On 2008-04-17,
[email protected] <
[email protected]> wrote:
> On Apr 17, 2:41 pm, Ben C <[email protected]> wrote:
>> On 2008-04-17, [email protected] <[email protected]> wrote:
>> [...]
>>
>> > There are all kinds of messy things going on when you bring a wheel up
>> > to tension. A better example is how much you need to unscrew the
>> > nipple to get a spoke on a tensioned wheel to go slack. It's not very
>> > much. The wheel may continue to deform past spoke slacking, but it's
>> > essentially failed.
>>
>> Note however that the strength of the wheel is just the same when the
>> spokes are slack as when they are tight, it's just less stiff. If the
>> spoke tension is excessively high, it actually reduces the strength of
>> the wheel (in that case the rim would yield before the spokes went
>> slack).
>>
>> The reduced stiffness when the spokes go slack means the rim will deform
>> more for a given load and that extra deformation _may_ cause it get out
>> of shape and buckle. But spokes can go slack and wheels not fail.
>
> You can't really decouple strength and stiffness that way.
But strength and stiffness _are_ different things, I'm not decoupling
them. They're already decoupled.
Strength is yield stress, stiffness is strain per unit stress.
> It's exactly because the wheel with the slack spoke is less stiff that
> an incremental increase in load gets the rim closer to yield strain
> than a wheel without a slack spoke would be.
I don't think that's right. Never mind strain, just consider yield
stress.
When the spokes are slack, the structure as a whole is less stiff. But
by definition the rim yields when the total stress on the rim reaches
its yield stress. The more stress already on it from the spokes the less
additional applied stress you need to bring it to yield.
But the other side to the story is you also have to consider the wheel
as a structure, and whether there's any way in which it "collapses"--
i.e. fails as a structure before any of the components in it actually
yield, a bit like a tent folding up in a strong wind. In that case
higher spoke tension may mean it collapses at a higher applied load.

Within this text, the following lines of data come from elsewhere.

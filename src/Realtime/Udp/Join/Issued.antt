-- ===== src/Realtime/Udp/Join/Issued.antt =====
-- From the ticket to the session: `issue_join_ticket` of grpc_service.rs, then `handle_join` of
-- udp_connection.rs.
use kotatsu_backend.Prelude.{
  ℕ, ℕ_eq, ◌+◌, ◌≤◌, ◌<◌, ◌≡◌, refl, String, String_eq, true, List, Option, none, some, arith, inl,
  inr, length, ok, Option-cases,
}
use kotatsu_backend.HashMap.{lookup, insert, lookup-insert_self, lookup-remove_self}
use kotatsu_backend.Realtime.Magicnums.{token_ttl_secs, u64_mod, room_max_players}
use kotatsu_backend.Realtime.Types.{
  SocketAddr, MatchRoom, PlayerHandle, ServerReliable, CoreState, join_ok, udp,
}
use kotatsu_backend.Realtime.Player.{entering}
use kotatsu_backend.Realtime.Status.{IssueJoinTicketResponse}
use kotatsu_backend.Realtime.State.{Server}
use kotatsu_backend.Realtime.ControlPlane.{issue_join_ticket, issued_ticket}
use kotatsu_backend.Realtime.Udp.Socket.{Codec}
use kotatsu_backend.Realtime.Udp.Join.{JoinEnv, handle_join}
use kotatsu_backend.Realtime.Udp.Join.Effects.{handle_join_accepted}

-- What an issued ticket means: the room had a free place, and is there with the ticket.
issued :
    (url match_id name uuid token : String) (now : ℕ) (core : CoreState)
    (res : IssueJoinTicketResponse)
    → (issue_join_ticket url match_id name uuid token now core).0 ≡ ok res
    → let core' = (issue_join_ticket url match_id name uuid token now core).1 in
      let t = issued_ticket match_id name uuid now in
      (room : MatchRoom) × (res.player_id ≡ t.player_id)
      × (lookup token core'.tickets ≡ some t)
      × (lookup match_id core'.matches ≡ some room)
      × (length room.players < room_max_players)
unfolding issue_join_ticket
issued url match_id name uuid token now core res h =
    elim (Option-cases (lookup match_id core.matches)) [
      | inl x ↦ absurd (ground arith)
      | inr (room, x) ↦
          let room' = record room { last_activity_unix = now } in
          (
            room',
            ground arith,
            ground (
              arith,
              lookup-insert_self token (issued_ticket match_id name uuid now) core.tickets,
            ),
            ground (arith, lookup-insert_self match_id room' core.matches),
            ground arith,
          )
    ]

-- The handle of a player who enters is connected at the address.
entering-connection :
    (o : Option PlayerHandle) (name : String) (addr : SocketAddr) (tx : ℕ)
    → (entering o name addr tx).connection ≡ some (udp addr)
unfolding entering
entering-connection none name addr tx = refl
entering-connection (some p) name addr tx = refl

-- A client that was issued a ticket and joins with it at once, from an address without a session and
-- before it expires, is afterwards a player of the match, connected at that address, has a session
-- for the match and the player id that it was told, and the ticket is gone. The replies can be
-- written, the socket sends, and the 64-bit clock does not overflow within the ticket's life.
pub handle_join_issued :
    {F32 : Type 0} (codec : Codec F32) (env : JoinEnv) (addr : SocketAddr)
    (url match_id name uuid token : String) (now : ℕ) (s : Server) (res : IssueJoinTicketResponse)
    → (issue_join_ticket url match_id name uuid token now s.core).0 ≡ ok res
    → now + token_ttl_secs < u64_mod
    → env.consumed_at ≤ now + token_ttl_secs
    → lookup addr s.clients ≡ none
    → env.accepted ≡ true
    → ((msg : ServerReliable) → (json : List ℕ) × (codec.write_reliable msg ≡ some json))
    → let s1 = record s { core = (issue_join_ticket url match_id name uuid token now s.core).1 } in
      let s' = handle_join codec env addr token s1 in
      (room : MatchRoom) × (p : PlayerHandle) × (lookup match_id s'.core.matches ≡ some room)
      × (lookup res.player_id room.players ≡ some p)
      × (p.connection ≡ some (udp addr))
      × (lookup addr s'.clients
          ≡ some (record {
            match_id = match_id;
            player_id = res.player_id;
            addr = addr;
            tx = env.channel;
            rx = env.channel;
          }))
      × (lookup token s'.core.tickets ≡ none)
handle_join_issued codec env addr url match_id name uuid token now s res h o fresh c a writes =
    let core' = (issue_join_ticket url match_id name uuid token now s.core).1 in
    let t = issued_ticket match_id name uuid now in
    let (room, pid, tl, ml, lt) = issued url match_id name uuid token now s.core res h in
    let p = entering (lookup t.player_id room.players) t.display_name addr env.channel in
    let (json, w) = writes (join_ok t.match_id t.player_id p.params env.now_ms) in
    let room' = record room {
      players = insert t.player_id p room.players;
      last_activity_unix = env.registered_at;
    } in
    let (e, _, session, _) =
      handle_join_accepted codec env addr token (record s { core = core' }) t room json c tl
        (omega arith) ml lt a w in
    rw (e, pid)
      (
        room',
        p,
        lookup-insert_self match_id room' core'.matches,
        lookup-insert_self t.player_id p room.players,
        entering-connection (lookup t.player_id room.players) t.display_name addr env.channel,
        session,
        lookup-remove_self token core'.tickets,
      )
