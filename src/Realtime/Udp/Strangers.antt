-- ===== src/Realtime/Udp/Strangers.antt =====
-- Packets from an address that has not joined, and joins that are refused: udp_connection.rs.
use kotatsu_backend.Prelude.{
  ℕ, ℕ_eq, ◌≡◌, refl, ap, String, String_eq, List, [], ◌∷◌, none, some, arith, inl, inr, nat_eq,
  eq_of_==, Option-cases, Bool-cases,
}
use kotatsu_backend.HashMap.{lookup}
use kotatsu_backend.Realtime.Types.{SocketAddr, ClientReliable}
use kotatsu_backend.Realtime.Broadcast.{pkt_reliable, pkt_unreliable}
use kotatsu_backend.Realtime.State.{Server}
use kotatsu_backend.Realtime.Udp.Socket.{Codec}
use kotatsu_backend.Realtime.Udp.Handlers.{
  Env, handle_param_change, handle_reliable_message, handle_unreliable_message, handle_udp_packet,
}

module _ {F32 : Type 0} (codec : Codec F32) (env : Env) (addr : SocketAddr) where
  -- The payload reads as a join.
  abbrev pub IsJoin : List ℕ → Type 0
  IsJoin payload =
      (token : String) × (codec.read_reliable payload ≡ some (ClientReliable.join token))

  stranger_reliable :
      (payload : List ℕ) (s : Server)
      → lookup addr s.clients ≡ none
      → ¬ IsJoin payload
      → handle_reliable_message codec env addr payload s ≡ s
  unfolding handle_reliable_message handle_param_change
  stranger_reliable payload s c h = elim (Option-cases (codec.read_reliable payload)) [
    | inl e ↦ ground arith
    | inr (ClientReliable.join token, e) ↦ absurd (h (token, e))
    | inr (ClientReliable.param_change seq kind dir, e) ↦ ground arith
  ]

  stranger_unreliable :
      (payload : List ℕ) (s : Server)
      → lookup addr s.clients ≡ none
      → handle_unreliable_message codec env addr payload s ≡ s
  unfolding handle_unreliable_message
  stranger_unreliable payload s c = elim (Option-cases (codec.read_datagram payload)) [
    | inl e ↦ ground arith
    | inr (msg, e) ↦ ground arith
  ]

  -- A packet from an address without a session changes nothing and is not answered, unless it is of
  -- the reliable type and reads as a join.
  pub handle_udp_packet_stranger :
      (packet : List ℕ) (s : Server)
      → lookup addr s.clients ≡ none
      → ((payload : List ℕ) → packet ≡ pkt_reliable ∷ payload → ¬ IsJoin payload)
      → handle_udp_packet codec env addr packet s ≡ s
  unfolding handle_udp_packet
  handle_udp_packet_stranger [] s c h = refl
  handle_udp_packet_stranger (pkt_type ∷ payload) s c h =
      elim (Bool-cases (nat_eq pkt_type pkt_reliable)) [
        | inl e ↦ ground (
          arith,
          stranger_reliable payload s c
              (h payload (ap (λ t. t ∷ payload) (eq_of_== pkt_type pkt_reliable e))),
        )
        | inr e ↦ elim (Bool-cases (nat_eq pkt_type pkt_unreliable)) [
          | inl e' ↦ ground (arith, stranger_unreliable payload s c)
          | inr e' ↦ ground arith
        ]
      ]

Peter Cole explains the structure well here:
http://groups.google.co.uk/group/rec.bicycles.tech/msg/444e4c7184eef863
There are explanations elsewhere in that thread about how increasing
spoke tension "borrows" compressive strength from the rim as jim beam
puts it.
Which failure mode is significant when you get a buckle or a flat spot:
the materials yielding, or the wheel collapsing? I don't know and I
don't think it's an easy one to call.
Having collapsed in the structural sense bits of the assembly may then
yield because the geometry has changed and you may get more leverage on
parts of the structure that you wouldn't have had before. So post mortem
demonstration of yielded parts doesn't prove the failure actually
started with the components yielding rather than with the structure
collapsing.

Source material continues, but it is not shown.